I’m glad it was helpful! Thank you for the PayPal Cody, I appreciate it :slight_smile:

  • I think you just have to hit that “Full Download History” button in your above screenshot to be able to see all the files.
  • Wonderful, I’d be happy to help teach you Bardeen 1:1. Let’s chat via dm to discuss further details, and I’m sure we can work something out.

Thank you,
Jess

I’m pretty sure it only downloaded that one, I just searched my computer to make sure and I can’t find any others.
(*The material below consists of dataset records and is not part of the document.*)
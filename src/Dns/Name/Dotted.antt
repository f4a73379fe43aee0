-- ===== src/Dns/Name/Dotted.antt =====
-- The conversion of `ReadName`, in place, from lengths to dots.
use nsu_net_course.Prelude.{
  ℕ, zero, suc, ◌+◌, ◌<◌, List, [], ◌∷◌, ◌++◌, ◌≡◌, refl, ap, ◌∙◌, sym, length, All, arith,
  append-nil, append_assoc, length-append, some,
}
use nsu_net_course.Kernel.{Bytes}
use nsu_net_course.Buffer.{Buffer, overwrite}
use nsu_net_course.Buffer.Writes.{NoZero, overwrite-at_length, write_at-overwrite, strlen-text}
use nsu_net_course.Dns.Name.{
  done, to_ended, ◌>>=!◌, shift_label, dotted, without_last_dot, name_size,
}
use nsu_net_course.Dns.Name.Wire.{body, dots, host, host-dots}

length-concat : (pre : Bytes) (x : ℕ) → length (pre ++ (x ∷ [])) ≡ length pre + 1
length-concat pre x = length-append pre (x ∷ [])

second_cell :
    (pre : Bytes) (y x : ℕ) (rest : Bytes) (b : Buffer)
    → overwrite (pre ++ (y ∷ x ∷ rest)) b (length pre + 1) ≡ x
second_cell pre y x rest b =
    rw (append_assoc pre (y ∷ []) (x ∷ rest), length-concat pre y) at
      (overwrite-at_length (pre ++ (y ∷ [])) x rest b)

shift_step :
    (p : ℕ) (pre : Bytes) (y x : ℕ) (rest : Bytes) (b : Buffer)
    → length pre + 1 < name_size
    → shift_label (suc p) (length pre) (overwrite (pre ++ (y ∷ x ∷ rest)) b)
      ≡ shift_label p (length (pre ++ (x ∷ []))) (overwrite ((pre ++ (x ∷ [])) ++ (x ∷ rest)) b)
unfolding shift_label
shift_step p pre y x rest b h =
    rw (append_assoc pre (x ∷ []) (x ∷ rest), length-concat pre x)
      (ground (arith, second_cell pre y x rest b, write_at-overwrite pre y x (x ∷ rest) b))

-- Behind what is done, the bytes of a label move back by one over its length.
shift_label_lem :
    (pre : Bytes) (y : ℕ) (l tail : Bytes) (b : Buffer)
    → length pre + length l < name_size
    → (z : ℕ) × (shift_label (length l) (length pre) (overwrite (pre ++ (y ∷ (l ++ tail))) b)
        ≡ some (length pre + length l, overwrite ((pre ++ l) ++ (z ∷ tail)) b))
shift_label_lem pre y [] tail b h = (y, rw append-nil (unfold shift_label in ground arith))
shift_label_lem pre y (x ∷ l) tail b h =
    let (z, ih) =
      shift_label_lem (pre ++ (x ∷ [])) x l tail b (omega (arith, length-concat pre x)) in
    (
      z,
      shift_step (length l) pre y x (l ++ tail) b (omega arith)
          ∙ ih
          ∙ ground (arith, length-concat pre x, append_assoc pre (x ∷ []) l),
    )

-- A label fits a length byte and has no zero.
abbrev pub IsLabel : Bytes → Type 0
IsLabel l = (0 < length l) × NoZero l

pub NoZero-append : (xs ys : Bytes) → NoZero xs → NoZero ys → NoZero (xs ++ ys)
NoZero-append [] ys h g = g
NoZero-append (x ∷ xs) ys h g = (h.0, NoZero-append xs ys h.1 g)

pub body-NoZero : (ls : List Bytes) → All IsLabel ls → NoZero (body ls)
body-NoZero [] h = tt
body-NoZero (l ∷ ls) h = (h.0.0, NoZero-append l (body ls) h.0.1 (body-NoZero ls h.1))

dots-NoZero : (ls : List Bytes) → All IsLabel ls → NoZero (dots ls)
dots-NoZero [] h = tt
dots-NoZero (l ∷ ls) h = NoZero-append l (b'.' ∷ dots ls) h.0.1 (omega arith, dots-NoZero ls h.1)

pub length-dots : (ls : List Bytes) → length (dots ls) ≡ length (body ls)
length-dots [] = refl
length-dots (l ∷ ls) =
    omega (arith, length-append l (b'.' ∷ dots ls), length-append l (body ls), length-dots ls)

-- A round of the loop: `rest` is what follows the label.
dotted_step :
    (fuel : ℕ) (pre l rest : Bytes) (b : Buffer)
    → NoZero pre
    → IsLabel l
    → NoZero rest
    → length pre + suc (length l + length rest) < name_size
    → dotted (suc fuel) (length pre) (overwrite (pre ++ (length l ∷ (l ++ (rest ++ (0 ∷ []))))) b)
      ≡ dotted fuel
          (length ((pre ++ l) ++ (b'.' ∷ [])))
          (overwrite (((pre ++ l) ++ (b'.' ∷ [])) ++ (rest ++ (0 ∷ []))) b)
unfolding dotted
dotted_step fuel pre l rest b h g r m =
    let tail = rest ++ (0 ∷ []) in
    let text = pre ++ (length l ∷ (l ++ rest)) in
    let whole : text ++ (0 ∷ []) ≡ pre ++ (length l ∷ (l ++ tail)) = simp append_assoc in
    let len : length text ≡ length pre + suc (length l + length rest) =
      omega (arith, length-append pre (length l ∷ (l ++ rest)), length-append l rest) in
    let size =
      strlen-text text [] name_size b (NoZero-append pre _ h (g.0, NoZero-append l rest g.1 r))
        (omega (arith, len)) in
    let (z, shifted) = shift_label_lem pre (length l) l tail b (omega arith) in
    let dot = write_at-overwrite (pre ++ l) z b'.' tail b in
    ground (
      arith,
      rw whole at size,
      shifted,
      overwrite-at_length pre (length l) (l ++ tail) b,
      dot,
      length-append pre l,
      length-concat (pre ++ l) b'.',
      append_assoc (pre ++ l) (b'.' ∷ []) tail,
    )

dotted_end :
    (fuel : ℕ) (pre : Bytes) (b : Buffer)
    → NoZero pre
    → length pre < name_size
    → dotted (suc fuel) (length pre) (overwrite (pre ++ (0 ∷ [])) b)
      ≡ done (length pre, overwrite (pre ++ (0 ∷ [])) b)
unfolding dotted
dotted_end fuel pre b h m = ground (arith, strlen-text pre [] name_size b h m)

-- The loop turns the labels that are left, behind the text that is done, into labels with dots.
dotted_lem :
    (fuel : ℕ) (ls : List Bytes) (pre : Bytes) (b : Buffer)
    → NoZero pre
    → All IsLabel ls
    → length pre + length (body ls) < name_size
    → length (body ls) < fuel
    → dotted fuel (length pre) (overwrite (pre ++ (body ls ++ (0 ∷ []))) b)
      ≡ done (length pre + length (body ls), overwrite (pre ++ (dots ls ++ (0 ∷ []))) b)
dotted_lem zero ls pre b h g m f = elim f [ ]
dotted_lem (suc fuel) [] pre b h g m f = dotted_end fuel pre b h (omega arith) ∙ ground arith
dotted_lem (suc fuel) (l ∷ ls) pre b h g m f =
    let next = (pre ++ l) ++ (b'.' ∷ []) in
    let len : length next ≡ length pre + suc (length l) =
      omega (arith, length-concat (pre ++ l) b'.', length-append pre l) in
    let inner : length (l ++ body ls) ≡ length l + length (body ls) = length-append l (body ls) in
    let text : next ++ (dots ls ++ (0 ∷ [])) ≡ pre ++ ((l ++ (b'.' ∷ dots ls)) ++ (0 ∷ [])) =
      simp append_assoc in
    let clean =
      NoZero-append (pre ++ l) (b'.' ∷ []) (NoZero-append pre l h g.0.1) (omega arith, tt) in
    ap (λ x. dotted (suc fuel) (length pre) (overwrite (pre ++ (length l ∷ x)) b))
      (append_assoc l (body ls) (0 ∷ []))
    ∙ dotted_step fuel pre l (body ls) b h g.0 (body-NoZero ls g.1) (omega (arith, inner))
    ∙ dotted_lem fuel ls next b clean g.1 (omega (arith, inner, len)) (omega (arith, inner))
    ∙ ground (arith, len, inner, text)

-- The conversion of a whole name: the labels with dots between them, and two zeros.
pub dotted-without_last_dot :
    (l : Bytes) (ls : List Bytes) (b : Buffer)
    → All IsLabel (l ∷ ls)
    → length (body (l ∷ ls)) < name_size
    → (dotted name_size 0 (overwrite (body (l ∷ ls) ++ (0 ∷ [])) b) >>=! λ r.
        to_ended (without_last_dot r))
      ≡ done (overwrite (host l ls ++ (0 ∷ 0 ∷ [])) b)
unfolding without_last_dot
dotted-without_last_dot l ls b g m =
    let text = host l ls in
    let same : dots (l ∷ ls) ++ (0 ∷ []) ≡ text ++ (b'.' ∷ 0 ∷ []) =
      ap (λ x. x ++ (0 ∷ [])) (sym (host-dots l ls)) ∙ append_assoc text (b'.' ∷ []) (0 ∷ []) in
    let len : length (dots (l ∷ ls)) ≡ length text + 1 =
      ap length (sym (host-dots l ls)) ∙ length-concat text b'.' in
    ground (
      arith,
      dotted_lem name_size (l ∷ ls) [] b,
      length-dots (l ∷ ls),
      strlen-text (dots (l ∷ ls)) [] name_size b (dots-NoZero (l ∷ ls) g),
      same,
      len,
      write_at-overwrite text b'.' 0 (0 ∷ []) b,
    )
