-- ===== src/Dns/Name/RoundTrip.antt =====
-- `ReadName` on a name in place, as `ChangetoDnsNameFormat` writes it.
use nsu_net_course.Prelude.{
  ℕ, zero, suc, ◌+◌, ◌≤◌, ◌<◌, List, [], ◌∷◌, ◌++◌, ◌≡◌, refl, ◌∙◌, length, All, arith, append-nil,
  append_assoc, length-append, some, if◌then◌else◌, ◌==◌,
}
use mathlib.Core.Path.{fun_ext}
use native.Mathlib.Nat.{add-zero}
use nsu_net_course.Kernel.{Bytes}
use nsu_net_course.Buffer.{Buffer, overwrite, write_at, prefix}
use nsu_net_course.Buffer.Window.{window, prefix-overwrite_append}
use nsu_net_course.Buffer.Writes.{write_at-end}
use nsu_net_course.Dns.Name.{
  Scan, done, scan_byte, scan_name, scan_fuel, end_name, read_name, buf_size, name_size,
}
use nsu_net_course.Dns.Name.Wire.{body, wire, host}
use nsu_net_course.Dns.Name.Dotted.{IsLabel, dotted-without_last_dot}

-- A byte that the scan copies: neither the end nor a pointer.
abbrev pub IsPlain : ℕ → Type 0
IsPlain x = (0 < x) × (x < 192)

abbrev pub scanning : Bytes → ℕ → ℕ → Buffer → ℕ → Scan
scanning pre jumped count b reader = record {
  p = length pre;
  jumped = jumped;
  count = count;
  name = overwrite pre b;
  reader = reader;
}

abbrev pub counted : ℕ → ℕ → ℕ → ℕ
counted jumped count n = if jumped == 0 then count + n else count

scan_step :
    (fuel : ℕ) (buffer : Buffer) (pre : Bytes) (j c : ℕ) (b : Buffer) (r x : ℕ)
    → buffer r ≡ x
    → IsPlain x
    → r < buf_size
    → length pre < name_size
    → scan_name (suc fuel) buffer (scanning pre j c b r)
      ≡ scan_name fuel buffer (scanning (pre ++ (x ∷ [])) j (counted j c 1) b (suc r))
unfolding scan_name scan_byte
scan_step fuel buffer pre j c b r x e h l m =
    ground (arith, write_at-end pre x b, length-append pre (x ∷ []))

scan_end :
    (fuel : ℕ) (buffer : Buffer) (pre : Bytes) (j c : ℕ) (b : Buffer) (r : ℕ)
    → buffer r ≡ 0
    → r < buf_size
    → scan_name (suc fuel) buffer (scanning pre j c b r) ≡ done (scanning pre j c b r)
unfolding scan_name
scan_end fuel buffer pre j c b r e h = ground arith

pub scan_lem :
    (fuel : ℕ) (xs : Bytes) (buffer : Buffer) (pre : Bytes) (j c : ℕ) (b : Buffer) (r : ℕ)
    → window (length xs) r buffer ≡ xs
    → buffer (r + length xs) ≡ 0
    → All IsPlain xs
    → r + length xs < buf_size
    → length pre + length xs ≤ name_size
    → length xs < fuel
    → scan_name fuel buffer (scanning pre j c b r)
      ≡ done (scanning (pre ++ xs) j (counted j c (length xs)) b (r + length xs))
scan_lem zero xs buffer pre j c b r w z h l m f = elim f [ ]
scan_lem (suc fuel) [] buffer pre j c b r w z h l m f =
    scan_end fuel buffer pre j c b r (rw add-zero at z) (omega arith)
    ∙ ground (arith, append-nil pre)
scan_lem (suc fuel) (x ∷ xs) buffer pre j c b r w z h l m f =
    scan_step fuel buffer pre j c b r x (ground arith) h.0 (omega arith) (omega arith)
    ∙ scan_lem fuel xs buffer (pre ++ (x ∷ [])) j (counted j c 1) b (suc r) (ground arith)
        (ground arith) h.1 (omega arith) (omega (arith, length-append pre (x ∷ []))) (omega arith)
    ∙ ground (arith, append_assoc pre (x ∷ []) xs)

-- What the conversion and the end of `ReadName` make of a scanned name.
pub finish_name :
    (l : Bytes) (ls : List Bytes) (j c : ℕ) (b : Buffer) (r : ℕ)
    → All IsLabel (l ∷ ls)
    → length (body (l ∷ ls)) < name_size
    → (end_name (scanning (body (l ∷ ls)) j c b r)
        ≡ some (record (scanning (body (l ∷ ls)) j (if j == 1 then c + 1 else c) b r) {
          name = overwrite (wire (l ∷ ls)) b;
        }))
unfolding end_name
finish_name l ls j c b r g m = ground (arith, write_at-end (body (l ∷ ls)) 0 b)

-- A name that stands at `reader` in its wire format.
pub record Stands (l : Bytes) (ls : List Bytes) (reader : ℕ) (buffer : Buffer) : Type 0 where
  pub bytes : window (length (body (l ∷ ls))) reader buffer ≡ body (l ∷ ls)
  pub ends : buffer (reader + length (body (l ∷ ls))) ≡ 0
  pub inside : reader + length (body (l ∷ ls)) < buf_size
  pub plain : All IsPlain (body (l ∷ ls))
  pub proper : All IsLabel (l ∷ ls)
  pub fits : length (body (l ∷ ls)) < name_size

scan_whole :
    (l : Bytes) (ls : List Bytes) (reader j c : ℕ) (buffer b : Buffer)
    → Stands l ls reader buffer
    → let n = length (body (l ∷ ls)) in
      scan_name scan_fuel buffer (scanning [] j c b reader)
      ≡ done (scanning (body (l ∷ ls)) j (counted j c n) b (reader + n))
unfolding scan_fuel
scan_whole l ls reader j c buffer b v =
    scan_lem scan_fuel (body (l ∷ ls)) buffer [] j c b reader v.bytes v.ends v.plain v.inside
      (omega (arith, v.fits)) (omega (arith, v.fits))

pub empty_text : (b : Buffer) → overwrite [] b ≡ b
unfolding overwrite
empty_text b = fun_ext (λ i. refl)

read_whole :
    (l : Bytes) (ls : List Bytes) (reader : ℕ) (buffer stale : Buffer)
    → Stands l ls reader buffer
    → read_name reader buffer stale
      ≡ done (overwrite (host l ls ++ (0 ∷ 0 ∷ [])) (write_at 0 0 stale), length (wire (l ∷ ls)))
unfolding read_name
read_whole l ls reader buffer stale v =
    let b = write_at 0 0 stale in
    let n = length (body (l ∷ ls)) in
    ground (
      arith,
      empty_text b,
      scan_whole l ls reader 0 1 buffer b v,
      finish_name l ls 0 (1 + n) b (reader + n) v.proper v.fits,
      dotted-without_last_dot l ls b v.proper v.fits,
      length-append (body (l ∷ ls)) (0 ∷ []),
    )

-- `ReadName` of a name in place gives the host's text with dots, and as count the bytes of the name
-- with its final zero. The name's labels are not empty and hold no zero, no byte of the name is 192
-- or more, and it has at most 255 bytes before its final zero.
pub read_name-Stands :
    (l : Bytes) (ls : List Bytes) (reader : ℕ) (buffer stale : Buffer)
    → Stands l ls reader buffer
    → (name : Buffer) × (read_name reader buffer stale ≡ done (name, length (wire (l ∷ ls))))
      × (prefix (length (host l ls) + 1) name ≡ host l ls ++ (0 ∷ []))
read_name-Stands l ls reader buffer stale v =
    let text = host l ls in
    let zeros = prefix-overwrite_append (text ++ (0 ∷ [])) (0 ∷ []) (write_at 0 0 stale) in
    (
      overwrite (text ++ (0 ∷ 0 ∷ [])) (write_at 0 0 stale),
      read_whole l ls reader buffer stale v,
      rw (append_assoc text (0 ∷ []) (0 ∷ []), length-append text (0 ∷ [])) at zeros,
    )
Glad to hear you’re open to it! I’ll shoot you a DM and we can continue chatting about it :slight_smile:

Wait can you send DMs on here?

Appears they turned off this feature in the Discourse community. Is there a preferred DM platform you’d like to chat on?

Okay weird, and you checked your downloads folder?

This topic was automatically closed 5 days after the last reply. New replies are no longer allowed.